The Minister of Information and Culture, Lai Mohammed, last week announced the government’s decision to sanction Trust TV and BBC Africa Eye over their documentaries exposing the activities of the bandits and how they are making life unbearable for Nigerians.
Amedia rights advocacy centre, the International Press Centre (IPC) has condemned in the strongest term, the imposition of N5 million fine on Trust TV by the Nigerian government over the documentary on terrorists and their activities in the Northern region of the country.
The Nigerian Minister of Information and Culture, Lai Mohammed, last week announced the government’s decision to sanction Trust TV and BBC Africa Eye over their documentaries exposing the activities of the bandits and how they are making life unbearable for Nigerians.
The minister had accused the two media organisations of promoting terrorism in Nigeria through the documentaries.
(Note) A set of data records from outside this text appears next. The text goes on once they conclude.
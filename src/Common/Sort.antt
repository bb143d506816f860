-- ===== src/Common/Sort.antt =====
-- `Array.prototype.sort` is stable: by ascending keys, equal keys in their old order.
use mathlib.Core.List.{List, [], ◌∷◌, Perm}
use mathlib.Core.List.Perm
use mathlib.Core.Logic.{◌⊎◌, inl, inr, ◌↔◌}
use native.Mathlib.Omega.{arith}
use runcor.Common.Tests.{if◌then◌else◌, Bool-cases}
use runcor.Common.Lists.{All, AnyOf, All-map}
use runcor.Common.Int.{ℤ, leb_ℤ, ◌≤ℤ◌}

module _ {ℓ} {A : Type ℓ} (key : A → ℤ) where
  unfoldable pub insert : A → List A → List A
  insert x [] = x ∷ []
  insert x (y ∷ ys) = if leb_ℤ (key x) (key y) then x ∷ y ∷ ys else y ∷ insert x ys

  unfoldable pub sort_by : List A → List A
  unfolding insert
  sort_by [] = []
  sort_by (x ∷ xs) = insert x (sort_by xs)

  insert-perm : (x : A) (xs : List A) → Perm (insert x xs) (x ∷ xs)
  unfolding insert
  insert-perm x [] = Perm.refl _
  insert-perm x (y ∷ ys) = elim (Bool-cases (leb_ℤ (key x) (key y))) [
    | inl p ↦ rw p (Perm.refl _)
    | inr p ↦ rw p (Perm.trans (Perm.cons y (insert-perm x ys)) (Perm.swap x y ys))
  ]

  pub sort_by-perm : (xs : List A) → Perm (sort_by xs) xs
  unfolding sort_by
  sort_by-perm [] = Perm.refl []
  sort_by-perm (x ∷ xs) = Perm.trans (insert-perm x (sort_by xs)) (Perm.cons x (sort_by-perm xs))

  abbrev pub IsSorted : List A → Type 0
  IsSorted [] = Unit
  IsSorted (x ∷ xs) = All (λ y. key x ≤ℤ key y) xs × IsSorted xs

  insert-All {κ} : (P : A → Type κ) (x : A) (xs : List A) → P x → All P xs → All P (insert x xs)
  unfolding insert
  insert-All P x [] p h = (p, tt)
  insert-All P x (y ∷ ys) p h = elim (Bool-cases (leb_ℤ (key x) (key y))) [
    | inl q ↦ rw q (p, h)
    | inr q ↦ rw q (h.0, insert-All P x ys p h.1)
  ]

  insert-IsSorted : (x : A) (xs : List A) → IsSorted xs → IsSorted (insert x xs)
  unfolding insert
  insert-IsSorted x [] h = (tt, tt)
  insert-IsSorted x (y ∷ ys) h = elim (Bool-cases (leb_ℤ (key x) (key y))) [
    | inl q ↦ rw q (((ground arith), All-map (λ z r. ground arith) ys h.0), h)
    | inr q ↦ rw q (insert-All _ x ys (ground arith) h.0, insert-IsSorted x ys h.1)
  ]

  pub sort_by-IsSorted : (xs : List A) → IsSorted (sort_by xs)
  unfolding sort_by
  sort_by-IsSorted [] = tt
  sort_by-IsSorted (x ∷ xs) = insert-IsSorted x (sort_by xs) (sort_by-IsSorted xs)

  insert-AnyOf : (P : A → Type 0) (x : A) (xs : List A) → AnyOf P (insert x xs) ↔ (P x ⊎ AnyOf P xs)
  unfolding insert
  insert-AnyOf P x [] = (λ h. h, λ h. h)
  insert-AnyOf P x (y ∷ ys) = elim (Bool-cases (leb_ℤ (key x) (key y))) [
    | inl q ↦ rw q (λ h. h, λ h. h)
    | inr q ↦ rw q (
      elim [
        | inl p ↦ inr (inl p)
        | inr r ↦ elim ((insert-AnyOf P x ys).0 r) [ inl p ↦ inl p | inr s ↦ inr (inr s) ]
      ],
      elim [
        | inl p ↦ inr ((insert-AnyOf P x ys).1 (inl p))
        | inr r ↦ elim r [ inl p ↦ inl p | inr s ↦ inr ((insert-AnyOf P x ys).1 (inr s)) ]
      ],
    )
  ]

  -- Sorting does not change what some element satisfies.
  pub sort_by-AnyOf : (P : A → Type 0) (xs : List A) → AnyOf P (sort_by xs) ↔ AnyOf P xs
  unfolding sort_by
  sort_by-AnyOf P [] = (λ h. h, λ h. h)
  sort_by-AnyOf P (x ∷ xs) = (
    λ h. elim ((insert-AnyOf P x (sort_by xs)).0 h) [
      | inl p ↦ inl p
      | inr r ↦ inr ((sort_by-AnyOf P xs).0 r)
    ],
    λ h.
        (insert-AnyOf P x (sort_by xs)).1
          (elim h [ inl p ↦ inl p | inr r ↦ inr ((sort_by-AnyOf P xs).1 r) ]),
  )

  pub sort_by-All {κ} : (P : A → Type κ) (xs : List A) → All P xs → All P (sort_by xs)
  unfolding sort_by
  sort_by-All P [] h = tt
  sort_by-All P (x ∷ xs) h = insert-All P x (sort_by xs) h.0 (sort_by-All P xs h.1)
He vowed that “They will not get away with it, appropriate sanctions will be meted to both the BBC and the Trust TV.”
In fulfilment of the minister’s statement, the Nigerian government imposed a fine of N5 million on Trust TV, Multichoice, TSTV and NTA-Startimes.
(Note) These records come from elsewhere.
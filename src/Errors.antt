-- ===== src/Errors.antt =====
-- Failing calls as values: `EngineError` (errors.ts) carries a code, on which callers branch; the
-- message, which is only printed, is left out.
use runcor.Common.{◌≡◌, refl, ◌⊎◌, inl, inr}

-- The codes that the modelled parts throw.
pub data ErrorCode : Type 0 where
  invalid_transition : ErrorCode
  rate_limited access_denied policy_denied guardrail_blocked : ErrorCode
  duplicate_policy duplicate_guardrail duplicate_rate_limit invalid_policy_config : ErrorCode
  already_flagged flag_not_found invalid_flag_transition : ErrorCode
  reserved_tool_name duplicate_tool : ErrorCode
  invalid_memory_key invalid_memory_value : ErrorCode
  engine_shutting_down engine_not_ready missing_idempotency_key : ErrorCode
  flow_not_found duplicate_flow execution_not_found invalid_state : ErrorCode
  invalid_request provider_not_found no_healthy_providers : ErrorCode

-- A call that returns or throws.
pub data Result {ℓ κ} (E : Type ℓ) (A : Type κ) : Type (ℓ ⊔ κ) where
  ok : A → Result E A
  err : E → Result E A

infixl 5 ◌>>=◌
abbrev pub ◌>>=◌ {ℓ κ μ} :
    {E : Type ℓ} {A : Type κ} {B : Type μ} → Result E A → (A → Result E B) → Result E B
ok a >>= f = f a
err e >>= f = err e

pub Result-cases {ℓ κ} :
    {E : Type ℓ} {A : Type κ} (r : Result E A) → ((a : A) × (r ≡ ok a)) ⊎ ((e : E) × (r ≡ err e))
Result-cases (ok a) = inl (a, refl)
Result-cases (err e) = inr (e, refl)

pub ok-injective {ℓ κ} :
    {E : Type ℓ} {A : Type κ} {a b : A} → ◌≡◌ {A = Result E A} (ok a) (ok b) → a ≡ b
ok-injective h = cc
But reacting to the development, the International Press Centre in a statement by its Press Freedom Officer, Melody Lawal, said it is miffed that the National Broadcasting Commission (NBC) could slam such a hefty fine on Trust TV broadcasting the documentary.
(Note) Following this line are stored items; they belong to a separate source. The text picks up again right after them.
-- ===== src/Execution.antt =====
-- execution.ts: the record of one invocation of a flow and its state machine. A `Date` is the
-- number of milliseconds that the clock showed; `unknown` is the parameter `V`.
pub mod Lifecycle
pub mod Log
mod Examples
use runcor.Common.{
  ℕ, Text, Option, none, some, List, [], ◌∷◌, ◌++◌, Bool, true, false, if◌then◌else◌,
}
use runcor.Errors.{Result, ok, err, ErrorCode, invalid_transition, ◌>>=◌}

pub data State : Type 0 where
  queued running waiting retrying complete failed : State

pub record Transition : Type 0 where
  pub from : State
  pub to : State
  pub at : ℕ

pub record Timestamps : Type 0 where
  pub queued_at : ℕ
  pub started : Option ℕ
  pub completed : Option ℕ
  pub transitions : List Transition

pub record WaitContext (V : Type 0) : Type 0 where
  pub reason : Option Text
  pub expected_resume_by : Option ℕ
  pub wait_data : V
  pub waiting_since : ℕ

pub record ExecutionError : Type 0 where
  pub message : Text
  pub stack : Option Text
  pub retryable : Bool
  pub retries : ℕ
  pub code : Option Text

pub record Execution (V : Type 0) : Type 0 where
  pub id : Text
  pub flow_name : Text
  pub idempotency_key : Text
  pub state : State
  pub input : V
  pub result : Option V
  pub error : Option ExecutionError
  pub retry_count : ℕ
  pub timestamps : Timestamps
  pub wait_context : Option (WaitContext V)
  pub resume_data : Option V
  pub replay_of : Option Text
  pub user_id : Option Text

-- `VALID_TRANSITIONS.get(from).has(to)`.
unfoldable pub allowed : State → State → Bool
allowed queued running = true
allowed queued failed = true
allowed running complete = true
allowed running waiting = true
allowed running retrying = true
allowed running failed = true
allowed waiting running = true
allowed waiting failed = true
allowed retrying running = true
allowed retrying failed = true
allowed _ _ = false

unfoldable pub validate_transition : State → State → Result ErrorCode (Unit {0})
unfolding allowed
validate_transition from to = if allowed from to then ok tt else err invalid_transition

abbrev pub is_running : State → Bool
is_running running = true
is_running _ = false

abbrev pub is_terminal : State → Bool
is_terminal complete = true
is_terminal failed = true
is_terminal _ = false

-- `if (newState === 'running' && started === null) started = now`.
unfoldable pub stamp_started : State → Option ℕ → ℕ → Option ℕ
stamp_started running none now = some now
stamp_started _ started now = started

module _ {V : Type 0} where
  -- The identifier is the caller's `crypto.randomUUID()`.
  unfoldable pub create_execution : Text → Text → Text → V → Option Text → ℕ → Execution V
  create_execution uuid flow_name idempotency_key input user_id now = record {
    id = uuid;
    flow_name = flow_name;
    idempotency_key = idempotency_key;
    state = queued;
    input = input;
    result = none;
    error = none;
    retry_count = 0;
    timestamps = record { queued_at = now; started = none; completed = none; transitions = [] };
    wait_context = none;
    resume_data = none;
    replay_of = none;
    user_id = user_id;
  }

  unfoldable pub transition_execution : Execution V → State → ℕ → Result ErrorCode (Execution V)
  unfolding validate_transition stamp_started
  transition_execution e new_state now = do
    _ ← validate_transition e.state new_state
    ok (record e {
      state = new_state;
      timestamps = record times {
        transitions = times.transitions ++ record { from = e.state; to = new_state; at = now } ∷ [];
        started = stamp_started new_state times.started now;
        completed = if is_terminal new_state then some now else times.completed;
      };
    })
    where
      times : Timestamps
      times = e.timestamps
According to the IPC, the imposition of the fine contained in a letter dated August 3, 2022, to the Chief Executive Officer of Trust TV Network Limited by the Director General of NBC, Balarabe Shehu Ilelah is “arbitrary.”
The IPC, therefore, warned the Nigerian Government “to refrain from constituting itself to the accuser, the prosecutor and the judge in its own case.”
“IPC is dismayed that the Federal Government through the NBC has shamefully done that, forgetting that in a democracy the basic tenets of the rule of law cannot be trampled upon as it suits the whims and caprices of those in the corridors of power.
“In the above context, it is worth pointing out that Trust TV was neither notified of the alleged infringement of sections 3.1.1, 3.12.2 and 3.11. 2 of the Nigeria Broadcasting Code nor requested to defend itself against the allegations before the fine was handed down.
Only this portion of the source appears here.